- _WHAT YOU ARE ASKED TO DO_
Starting with the first line and ending with the line that holds "fletcher32 words size", repeat the material exactly.

☆ ☆ ☆ ☆ ☆ ☆ ☆

-- ===== src/Checksums.antt =====
-- ErrorDetection/Checksums.cpp. The arithmetic is that of `uint32_t`. An array is the list of the
-- 16-bit words that can be read behind the pointer; a read past them is a fault.
pub mod Plain
pub mod Closed
pub mod Delayed
use mathlib.Core.Logic.{dite, dif_pos, dif_neg}
use mathlib.Core.WellFounded.{Acc}
use native.Mathlib.Bridge.{le_prop}
use game_network.Base.{
  ℕ, zero, suc, ◌+◌, ◌-◌, ◌*◌, ◌%◌, ◌^◌, ◌<◌, ◌≡◌, refl, ◌∙◌, bit_or, arith, List, [], ◌∷◌,
  get_elem?, Result, ok, fault, ◌>>=◌, accessed, dec_lt,
}
use game_network.Base.Order.{lt_wf}

abbrev pub u32 : ℕ → ℕ
u32 n = n % 2 ^ 32

-- `(sumB << 16) | sumA`
abbrev pub joined : ℕ → ℕ → ℕ
joined a b = bit_or (u32 (b * 2 ^ 16)) a

-- `for (i = 0; i < p_size; ++i)` of `Adler32` and `Fletcher32`, which reduce by `m` in each round:
-- at `i`, with the rounds that are left.
unfoldable pub reduced_loop : ℕ → ℕ → ℕ → List ℕ → ℕ → ℕ → Result (ℕ × ℕ)
reduced_loop m zero i words a b = ok (a, b)
reduced_loop m (suc left) i words a b = do
  w ← accessed (get_elem? words i)
  let a' = u32 (a + w) % m
  reduced_loop m left (i + 1) words a' (u32 (b + a') % m)

unfoldable pub adler32 : List ℕ → ℕ → Result ℕ
unfolding reduced_loop
adler32 words size = do (a, b) ← reduced_loop 65521 size 0 words 1 0; ok (joined a b)

unfoldable pub fletcher32 : List ℕ → ℕ → Result ℕ
unfolding reduced_loop
fletcher32 words size = do (a, b) ← reduced_loop 65535 size 0 words 0 0; ok (joined a b)

-- What the loops of `Fletcher32_improved` change: `p_data`, `sumA` and `sumB`.
pub record Sums : Type 0 where
  pub rest : List ℕ
  pub sum_a : ℕ
  pub sum_b : ℕ

-- `sumA = sumA + *p_data++; sumB = sumB + sumA;`, as often as is left.
unfoldable pub plain_loop : ℕ → Sums → Result Sums
plain_loop zero s = ok s
plain_loop (suc left) s = elim s.rest [
  | [] ↦ fault
  | w ∷ rest ↦
      plain_loop left (record {
        rest = rest;
        sum_a = u32 (s.sum_a + w);
        sum_b = u32 (s.sum_b + u32 (s.sum_a + w));
      })
]

abbrev pub reduce : Sums → Sums
reduce s = record s { sum_a = s.sum_a % 65535; sum_b = s.sum_b % 65535 }

pub size-block_lt : (size : ℕ) → ¬ (size < 360) → size - 360 < size
size-block_lt size h = omega arith

-- `for (…; p_size >= 360; p_size -= 360)`, with the size that is left.
unfoldable pub block_loop : (size : ℕ) → Acc ◌<◌ size → Sums → Result (ℕ × Sums)
unfolding plain_loop
block_loop size (Acc.intro _ smaller) s =
    dite (dec_lt size 360) (λ h. ok (size, s))
      λ h. do
        s' ← plain_loop 360 s
        block_loop (size - 360) (smaller (size - 360) (size-block_lt size h)) (reduce s')

unfoldable pub fletcher32_improved : List ℕ → ℕ → Result ℕ
unfolding block_loop lt_wf
fletcher32_improved words size = do
  (left, s) ← block_loop size (lt_wf.apply size) (record { rest = words; sum_a = 0; sum_b = 0 })
  s' ← plain_loop left s
  ok (joined (reduce s').sum_a (reduce s').sum_b)

-- The two branches of a round.
pub block_loop-few :
    (size : ℕ) (acc : Acc ◌<◌ size) (s : Sums) → size < 360 → block_loop size acc s ≡ ok (size, s)
unfolding block_loop
block_loop-few size (Acc.intro _ smaller) s h = dif_pos (dec_lt size 360) le_prop h _ _

pub block_loop-many :
    (size : ℕ) (smaller : (n : ℕ) → n < size → Acc ◌<◌ n) (s s' : Sums) (h : ¬ (size < 360))
    → plain_loop 360 s ≡ ok s'
    → block_loop size (Acc.intro size smaller) s
      ≡ block_loop (size - 360) (smaller (size - 360) (size-block_lt size h)) (reduce s')
unfolding block_loop
block_loop-many size smaller s s' h e = dif_neg (dec_lt size 360) h _ _ ∙ rw e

☆ ☆ ☆ ☆ ☆ ☆ ☆

- _SOLUTION TO THE EXERCISE_
-- ===== src/Checksums.antt =====
-- ErrorDetection/Checksums.cpp. The arithmetic is that of `uint32_t`. An array is the list of the
-- 16-bit words that can be read behind the pointer; a read past them is a fault.
pub mod Plain
pub mod Closed
pub mod Delayed
use mathlib.Core.Logic.{dite, dif_pos, dif_neg}
use mathlib.Core.WellFounded.{Acc}
use native.Mathlib.Bridge.{le_prop}
use game_network.Base.{
  ℕ, zero, suc, ◌+◌, ◌-◌, ◌*◌, ◌%◌, ◌^◌, ◌<◌, ◌≡◌, refl, ◌∙◌, bit_or, arith, List, [], ◌∷◌,
  get_elem?, Result, ok, fault, ◌>>=◌, accessed, dec_lt,
}
use game_network.Base.Order.{lt_wf}

abbrev pub u32 : ℕ → ℕ
u32 n = n % 2 ^ 32

-- `(sumB << 16) | sumA`
abbrev pub joined : ℕ → ℕ → ℕ
joined a b = bit_or (u32 (b * 2 ^ 16)) a

-- `for (i = 0; i < p_size; ++i)` of `Adler32` and `Fletcher32`, which reduce by `m` in each round:
-- at `i`, with the rounds that are left.
unfoldable pub reduced_loop : ℕ → ℕ → ℕ → List ℕ → ℕ → ℕ → Result (ℕ × ℕ)
reduced_loop m zero i words a b = ok (a, b)
reduced_loop m (suc left) i words a b = do
  w ← accessed (get_elem? words i)
  let a' = u32 (a + w) % m
  reduced_loop m left (i + 1) words a' (u32 (b + a') % m)

unfoldable pub adler32 : List ℕ → ℕ → Result ℕ
unfolding reduced_loop
adler32 words size = do (a, b) ← reduced_loop 65521 size 0 words 1 0; ok (joined a b)

unfoldable pub fletcher32 : List ℕ → ℕ → Result ℕ
unfolding reduced_loop
fletcher32 words size = do (a, b) ← reduced_loop 65535 size 0 words 0 0; ok (joined a b)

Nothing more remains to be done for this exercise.